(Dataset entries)
-- ===== src/Isa/Lookup/Distinct.antt =====
-- The keys of the table's rows: lookup.rs over table.rs.
use mathlib.Core.Bool.{and-eq-true_iff}
use mathlib.Core.Path.{subst}
use rustevm.Base.{
  ◌≡◌, refl, sym, Bool, true, false, not, ◌&&◌, some, List, [], ◌∷◌, inl, inr, ◌==◌, all, Any,
  all-Any, arith,
}
use rustevm.Isa.Spec.{str_eq, str_eq_iff, OpSpec}
use rustevm.Isa.Table.{opcodes}
use rustevm.Isa.Lookup.{find_byte, find_mnemonic, by_byte, by_mnemonic, InTable}

distinct_bytes : List OpSpec → Bool
distinct_bytes [] = true
distinct_bytes (row ∷ rows) =
    all (λ other. not (row.byte == other.byte)) rows && distinct_bytes rows

distinct_mnemonics : List OpSpec → Bool
distinct_mnemonics [] = true
distinct_mnemonics (row ∷ rows) =
    all (λ other. not (str_eq row.mnemonic other.mnemonic)) rows && distinct_mnemonics rows

not-true : (b : Bool) → not b ≡ true → b ≡ false
not-true true h = sym h
not-true false h = refl

find_byte_complete :
    (rows : List OpSpec) (spec : OpSpec)
    → distinct_bytes rows ≡ true
    → Any (λ row. row ≡ spec) rows
    → find_byte spec.byte rows ≡ some spec
unfolding distinct_bytes find_byte
find_byte_complete [] spec d m = absurd m
find_byte_complete (row ∷ rows) spec d (inl e) =
    subst (λ (s : OpSpec). find_byte s.byte (row ∷ rows) ≡ some s) e (ground arith)
find_byte_complete (row ∷ rows) spec d (inr m) =
    let (apart, rest) = (and-eq-true_iff _ _).0 d in
    rw (not-true _ (all-Any (λ (other : OpSpec). not (row.byte == other.byte)) rows spec apart m))
      (find_byte_complete rows spec rest m)

find_mnemonic_complete :
    (rows : List OpSpec) (spec : OpSpec)
    → distinct_mnemonics rows ≡ true
    → Any (λ row. row ≡ spec) rows
    → find_mnemonic spec.mnemonic rows ≡ some spec
unfolding distinct_mnemonics find_mnemonic
find_mnemonic_complete [] spec d m = absurd m
find_mnemonic_complete (row ∷ rows) spec d (inl e) =
    subst (λ (s : OpSpec). find_mnemonic s.mnemonic (row ∷ rows) ≡ some s) e
      (rw ((str_eq_iff row.mnemonic row.mnemonic).1 refl) refl)
find_mnemonic_complete (row ∷ rows) spec d (inr m) =
    let (apart, rest) = (and-eq-true_iff _ _).0 d in
    rw
      (not-true _
        (all-Any (λ (other : OpSpec). not (str_eq row.mnemonic other.mnemonic)) rows spec apart m))
      (find_mnemonic_complete rows spec rest m)

opcodes-distinct_bytes : distinct_bytes opcodes ≡ true
unfolding distinct_bytes opcodes
opcodes-distinct_bytes = refl

opcodes-distinct_mnemonics : distinct_mnemonics opcodes ≡ true
unfolding distinct_mnemonics opcodes str_eq
opcodes-distinct_mnemonics = refl

-- Every row of the table is what both lookups find under its byte and under its mnemonic: no two
-- rows share either key.
pub lookup-row :
    (spec : OpSpec)
    → InTable spec
    → (by_byte spec.byte ≡ some spec) × (by_mnemonic spec.mnemonic ≡ some spec)
unfolding by_byte by_mnemonic InTable
lookup-row spec m = (
  find_byte_complete opcodes spec opcodes-distinct_bytes m,
  find_mnemonic_complete opcodes spec opcodes-distinct_mnemonics m,
)
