-- ===== src/Isa/Lookup/Family.antt =====
-- The PUSH, DUP and SWAP families and the bytes that the assembler names: op_form.rs over table.rs.
use rustevm.Base.{
  ℕ, ◌+◌, ◌≤◌, ◌≡◌, refl, Bool, true, false, none, some, arith, holds_from, holds_from_sound,
  Option-cases, inl, inr, ◌==◌, ==_iff,
}
use mathlib.Core.Bool.{false≢true}
use rustevm.Isa.Spec.{
  bytes, OpSpec, push, dup, swap, op_form, chronology, frontier, shanghai, fixed, stack_manip,
  control,
}
use rustevm.Isa.Table.{opcodes}
use rustevm.Isa.Lookup.{by_byte}

pub op_form-push : (spec : OpSpec) (n : ℕ) → n ≤ 32 → spec.byte ≡ 0x5f + n → op_form spec ≡ push n
unfolding op_form
op_form-push spec n h e = ground arith

pub op_form-dup :
    (spec : OpSpec) (n : ℕ) → 1 ≤ n → n ≤ 16 → spec.byte ≡ 0x7f + n → op_form spec ≡ dup n
unfolding op_form
op_form-dup spec n l h e = ground arith

pub op_form-swap :
    (spec : OpSpec) (n : ℕ) → 1 ≤ n → n ≤ 16 → spec.byte ≡ 0x8f + n → op_form spec ≡ swap n
unfolding op_form
op_form-swap spec n l h e = ground arith

has_row : ℕ → Bool
has_row b = elim (by_byte b) [ none ↦ false | some spec ↦ true ]

families-has_row : holds_from 0x5f has_row 65 ≡ true
unfolding holds_from has_row by_byte opcodes
families-has_row = refl

has_row-some : (b : ℕ) → has_row b ≡ true → (spec : OpSpec) × (by_byte b ≡ some spec)
unfolding has_row
has_row-some b h = elim (Option-cases (by_byte b)) [
  | inl lost ↦ absurd (false≢true (rw (lost, has_row) at h))
  | inr found ↦ found
]

-- Every byte from PUSH0 to SWAP16 has a row.
pub family_row : (n : ℕ) → n ≤ 64 → (spec : OpSpec) × (by_byte (0x5f + n) ≡ some spec)
family_row n h =
    has_row-some (0x5f + n)
      (holds_from_sound 0x5f has_row 65 (0x5f + n) families-has_row (omega arith) (omega arith))

is_frontier : ℕ → Bool
is_frontier b = elim (by_byte b) [ none ↦ false | some spec ↦ chronology spec.min_fork == 0 ]

families-is_frontier : holds_from 0x60 is_frontier 64 ≡ true
unfolding holds_from is_frontier by_byte opcodes chronology
families-is_frontier = refl

is_frontier-row :
    (b : ℕ) (spec : OpSpec)
    → is_frontier b ≡ true
    → by_byte b ≡ some spec
    → chronology spec.min_fork ≡ 0
unfolding is_frontier
is_frontier-row b spec h row = (==_iff (chronology spec.min_fork) 0).0 (rw (is_frontier, row) at h)

-- Every fork has the families, PUSH0 aside.
pub family-frontier :
    (n : ℕ) (spec : OpSpec)
    → 1 ≤ n
    → n ≤ 64
    → by_byte (0x5f + n) ≡ some spec
    → chronology spec.min_fork ≡ 0
family-frontier n spec lo hi row =
    is_frontier-row (0x5f + n) spec
      (holds_from_sound 0x60 is_frontier 64 (0x5f + n) families-is_frontier (omega arith)
        (omega arith))
      row

pub push0_row : (spec : OpSpec) × (by_byte 0x5f ≡ some spec) × (spec.min_fork ≡ shanghai)
unfolding by_byte opcodes
push0_row = (
  record {
    mnemonic = bytes "PUSH0";
    byte = 0x5f;
    stack_in = 0;
    stack_out = 1;
    is_terminating = false;
    gas = fixed 2;
    category = stack_manip;
    min_fork = shanghai;
  },
  refl,
  refl,
)

pub push2_row : (spec : OpSpec) × (by_byte 0x61 ≡ some spec) × (spec.min_fork ≡ frontier)
unfolding by_byte opcodes
push2_row = (
  record {
    mnemonic = bytes "PUSH2";
    byte = 0x61;
    stack_in = 0;
    stack_out = 1;
    is_terminating = false;
    gas = fixed 3;
    category = stack_manip;
    min_fork = frontier;
  },
  refl,
  refl,
)

pub jumpdest_row :
    (spec : OpSpec) × (by_byte 0x5b ≡ some spec)
    × (spec.min_fork ≡ frontier)
    × (spec.mnemonic ≡ bytes "JUMPDEST")
unfolding by_byte opcodes
jumpdest_row = (
  record {
    mnemonic = bytes "JUMPDEST";
    byte = 0x5b;
    stack_in = 0;
    stack_out = 0;
    is_terminating = false;
    gas = fixed 1;
    category = control;
    min_fork = frontier;
  },
  refl,
  refl,
  refl,
)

▶ What this task involves: Among the entries above, the line containing "spec ≡ dup n", the line containing "has_row-some (0x5f + n)", and all lines between them are to be restated word for word; nothing else belongs in the reply.

▶ Worked solution:
    (spec : OpSpec) (n : ℕ) → 1 ≤ n → n ≤ 16 → spec.byte ≡ 0x7f + n → op_form spec ≡ dup n
unfolding op_form
op_form-dup spec n l h e = ground arith

pub op_form-swap :
    (spec : OpSpec) (n : ℕ) → 1 ≤ n → n ≤ 16 → spec.byte ≡ 0x8f + n → op_form spec ≡ swap n
unfolding op_form
op_form-swap spec n l h e = ground arith

has_row : ℕ → Bool
has_row b = elim (by_byte b) [ none ↦ false | some spec ↦ true ]

families-has_row : holds_from 0x5f has_row 65 ≡ true
unfolding holds_from has_row by_byte opcodes
families-has_row = refl

has_row-some : (b : ℕ) → has_row b ≡ true → (spec : OpSpec) × (by_byte b ≡ some spec)
unfolding has_row
has_row-some b h = elim (Option-cases (by_byte b)) [
  | inl lost ↦ absurd (false≢true (rw (lost, has_row) at h))
  | inr found ↦ found
]

-- Every byte from PUSH0 to SWAP16 has a row.
pub family_row : (n : ℕ) → n ≤ 64 → (spec : OpSpec) × (by_byte (0x5f + n) ≡ some spec)
family_row n h =
    has_row-some (0x5f + n)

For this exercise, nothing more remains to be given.